-- ===== src/ControlPlane/Migration/History.antt =====
-- Everything that writes the table of interactions, in any order: the operations of
-- internal/controlplane/repository.go and the imports of internal/controlplane/migration.go.
use roambench.Base.{
  ℕ, ◌≤◌, ◌≡◌, refl, subst, Bool, true, false, ◌||◌, not, ◌⊎◌, inl, inr, Option, [], ◌∷◌, ◌++◌, map,
  any, find, ◌==◌, if◌then◌else◌, arith, Bool-cases, Option-cases, ltb→lt, leb→le,
}
use roambench.Base.Text.{Text, trim_space, is_empty}
use roambench.ControlPlane.Errors.{ok}
use roambench.ControlPlane.Db.{Status, is_pending, Interaction, Db, pure}
use roambench.ControlPlane.Interactions.{Request, at_request}
use roambench.ControlPlane.Interactions.Create.{same_interaction}
use roambench.ControlPlane.Interactions.History.{Step, Step-Follows}
use roambench.ControlPlane.Migration.{
  LegacyCheckpoint, LegacyDecision, LegacyAuditEvent, Snapshot, legacy_status, version_of,
  same_status, is_newer, is_unchanged,
}
use roambench.ControlPlane.Migration.Persists.{
  Persists, Grows, Grows-refl, Grows-trans, Grows-append, Grows-map, Follows-Grows, LetsGrow,
  eq→Grows, LetsGrow-bind, LetsGrow-pure, LetsGrow-each, transact-Grows,
}
use roambench.ControlPlane.Migration.Statements.{add_message, add_response, add_decision}
use roambench.ControlPlane.Migration.Growth.{
  add_message-LetsGrow, add_response-LetsGrow, add_decision-LetsGrow, add_projection-LetsGrow,
  add_audit-LetsGrow,
}
use roambench.ControlPlane.Migration.Import.{
  imported_row, overwritten, overwrite_rows, update_message, create_message, legacy_response,
  legacy_decision, legacy_projection, resolved_row, import_again, import_checkpoint, answer_row,
  answer_rows, resolve_rows, import_decision, import_event, import_all, import_legacy_approvals,
}

same_status-pending : (a b : Status) → same_status a b ≡ true → is_pending a ≡ is_pending b
same_status-pending a b h = ground arith

-- What counts as newer has no lower version, and is closed where the row is.
is_newer-holds :
    (status : Status) (version : ℕ) (old : Interaction)
    → is_newer status version old ≡ true
    → (old.row_version ≤ version) × ((is_pending old.status ≡ true) ⊎ (is_pending status ≡ false))
unfolding is_newer
is_newer-holds status version old h =
    (ground (arith, ltb→lt old.row_version version, leb→le old.row_version version), ground arith)

unchanged-same :
    (user : Text) (old r : Interaction)
    → is_unchanged user old r ≡ true
    → (is_pending r.status ≡ is_pending old.status) × (r.row_version ≡ old.row_version)
unchanged-same user old r h = (same_status-pending r.status old.status (ground arith), ground arith)

module _ (parse_time : Text → Option ℕ) (decimal : ℕ → Text) (now : ℕ) where
  overwritten-Persists :
      (user : Text) (c : LegacyCheckpoint) (old r : Interaction)
      → is_newer (legacy_status c.status).0 (version_of c) old ≡ true
      → is_unchanged user old r ≡ true
      → Persists r (overwritten parse_time decimal now c r)
  unfolding overwritten
  overwritten-Persists user c old r n u =
      let (le, closes) = is_newer-holds (legacy_status c.status).0 (version_of c) old n in
      let (p, v) = unchanged-same user old r u in
      (refl, omega (arith, le, v), ground (arith, closes, p))

  overwrite_rows-LetsGrow :
      (user : Text) (c : LegacyCheckpoint) (old : Interaction)
      → is_newer (legacy_status c.status).0 (version_of c) old ≡ true
      → LetsGrow (overwrite_rows parse_time decimal now user c old)
  unfolding overwrite_rows
  overwrite_rows-LetsGrow user c old n db db' k h =
      let test = is_unchanged user old in
      let f = overwritten parse_time decimal now c in
      let same : map (λ r. if test r then f r else r) db.interactions ≡ db'.interactions =
        ground arith in
      subst (Grows db.interactions) same
        (Grows-map test f db.interactions (λ r. overwritten-Persists user c old r n))

  told :
      (user : Text) (c : LegacyCheckpoint) (b : Bool)
      → LetsGrow (if b then pure tt else add_message (update_message parse_time decimal now user c))
  told user c true = LetsGrow-pure tt
  told user c false = add_message-LetsGrow (update_message parse_time decimal now user c)

  import_again-LetsGrow :
      (user : Text) (c : LegacyCheckpoint) → LetsGrow (import_again parse_time decimal now user c)
  unfolding import_again
  import_again-LetsGrow user c db db' a h =
      elim (Option-cases (find (at_request user c.id) db.interactions)) [
        | inl missing ↦ absurd (ground arith)
        | inr (old, found) ↦
            elim (Bool-cases (is_newer (legacy_status c.status).0 (version_of c) old)) [
              | inr older ↦ eq→Grows db db' (ground arith)
              | inl newer ↦
                  LetsGrow-bind (overwrite_rows parse_time decimal now user c old)
                    (λ affected.
                      if not (affected == 1)
                      then pure tt
                      else add_message (update_message parse_time decimal now user c))
                    (overwrite_rows-LetsGrow user c old newer)
                    (λ affected. told user c (not (affected == 1))) db db' a (ground arith)
            ]
      ]

  import_checkpoint-LetsGrow :
      (user : Text) (c : LegacyCheckpoint)
      → LetsGrow (import_checkpoint parse_time decimal now user c)
  unfolding import_checkpoint
  import_checkpoint-LetsGrow user c db db' a h =
      let r = imported_row parse_time decimal now user c in
      elim (Bool-cases (any (same_interaction r) db.interactions)) [
        | inl stands ↦ import_again-LetsGrow user c db db' a (ground arith)
        | inr fresh ↦
            let mid = record db { interactions = db.interactions ++ r ∷ [] } in
            Grows-trans db.interactions mid.interactions db'.interactions
              (Grows-append db.interactions (r ∷ []))
              (add_message-LetsGrow (create_message parse_time decimal now user c) mid db' a
                (ground arith))
      ]

  answer_row-LetsGrow :
      (user : Text) (d : LegacyDecision) (r : Interaction)
      → LetsGrow (answer_row parse_time decimal now user d r)
  unfolding answer_row
  answer_row-LetsGrow user d r =
      LetsGrow-bind (add_response (legacy_response parse_time decimal now user d r))
        (λ _. add_decision (legacy_decision parse_time decimal now d r))
        (add_response-LetsGrow (legacy_response parse_time decimal now user d r))
        (λ _. add_decision-LetsGrow (legacy_decision parse_time decimal now d r))

  answer_rows-LetsGrow :
      (user : Text) (d : LegacyDecision) → LetsGrow (answer_rows parse_time decimal now user d)
  unfolding answer_rows
  answer_rows-LetsGrow user d db db' a h =
      elim (Option-cases (find (at_request user d.checkpoint_id) db.interactions)) [
        | inl missing ↦ eq→Grows db db' (ground arith)
        | inr (r, found) ↦ answer_row-LetsGrow user d r db db' a (ground arith)
      ]

  resolve_rows-LetsGrow :
      (user : Text) (d : LegacyDecision) → LetsGrow (resolve_rows parse_time decimal now user d)
  unfolding resolve_rows
  resolve_rows-LetsGrow user d db db' a h =
      let test = at_request user d.checkpoint_id in
      let f = resolved_row parse_time decimal now d in
      let same : map (λ r. if test r then f r else r) db.interactions ≡ db'.interactions =
        ground arith in
      subst (Grows db.interactions) same
        (Grows-map test f db.interactions (λ r hit. (refl, omega arith, inr refl)))

  import_decision-LetsGrow :
      (user : Text) (d : LegacyDecision) → LetsGrow (import_decision parse_time decimal now user d)
  unfolding import_decision
  import_decision-LetsGrow user d = LetsGrow-bind _ _ (answer_rows-LetsGrow user d) λ _.
      LetsGrow-bind _ _ (resolve_rows-LetsGrow user d)
        λ _. add_projection-LetsGrow (legacy_projection parse_time decimal now user d)

  import_event-LetsGrow :
      (user : Text) (e : LegacyAuditEvent) → LetsGrow (import_event parse_time decimal now user e)
  unfolding import_event
  import_event-LetsGrow user e = elim (Bool-cases (is_empty (trim_space e.checkpoint_id))) [
    | inl blank ↦ rw blank (LetsGrow-pure tt)
    | inr named ↦ rw named (add_audit-LetsGrow _)
  ]

  import_all-LetsGrow :
      (user : Text) (s : Snapshot) → LetsGrow (import_all parse_time decimal now user s)
  unfolding import_all
  import_all-LetsGrow user s =
      LetsGrow-bind _ _ (LetsGrow-each _ s.checkpoints (import_checkpoint-LetsGrow user)) λ _.
        LetsGrow-bind _ _ (LetsGrow-each _ s.decisions (import_decision-LetsGrow user)) λ _.
          LetsGrow-bind _ _ (LetsGrow-each _ s.audit_events (import_event-LetsGrow user))
            λ _. LetsGrow-pure (ok tt)

  import_legacy_approvals-Grows :
      (s : Snapshot) (db : Db)
      → Grows db.interactions (import_legacy_approvals parse_time decimal now s db).1.interactions
  unfolding import_legacy_approvals
  import_legacy_approvals-Grows s db =
      elim (Bool-cases (is_empty (trim_space s.username) || is_empty (trim_space s.source_hash))) [
        | inl blank ↦ rw blank (Grows-refl db.interactions)
        | inr named ↦ rw named (transact-Grows _ db (import_all-LetsGrow (trim_space s.username) s))
      ]

-- One operation, or one import of any snapshot.
pub data Write (digest : Request → Text) (t u : Db) : Type 0 where
  by_request : Step digest t u → Write digest t u
  by_import :
      (parse_time : Text → Option ℕ) (decimal : ℕ → Text) (now : ℕ) (s : Snapshot)
      → u ≡ (import_legacy_approvals parse_time decimal now s t).1
      → Write digest t u

pub data Reach (digest : Request → Text) (s : Db) : Db → Type 0 where
  here : Reach digest s s
  next : {t u : Db} → Reach digest s t → Write digest t u → Reach digest s u

Write-Grows :
    {digest : Request → Text} {t u : Db} → Write digest t u → Grows t.interactions u.interactions
Write-Grows {digest} {t} {u} (by_request s) =
    Follows-Grows t.interactions u.interactions (Step-Follows s)
Write-Grows {digest} {t} {u} (by_import parse_time decimal now s e) =
    rw e (import_legacy_approvals-Grows parse_time decimal now s t)

-- However requests are opened, answered, cancelled and expired and boards are imported, by any users and in any
-- order, each row of interactions stays in its place with its id, user, session, risk class, response
-- schema and times of creation and expiry, its version never falls, and once it is resolved,
-- expired or cancelled it is never pending again.
pub Reach-Grows :
    {digest : Request → Text} {t u : Db} → Reach digest t u → Grows t.interactions u.interactions
Reach-Grows {t} here = Grows-refl t.interactions
Reach-Grows {t} {u} (next {t = m} r w) =
    Grows-trans t.interactions m.interactions u.interactions (Reach-Grows r) (Write-Grows w)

#### [Work instruction]
Report the number of lines in the material above that contain "unfolding". Nothing else is wanted.

#### [Response below]
12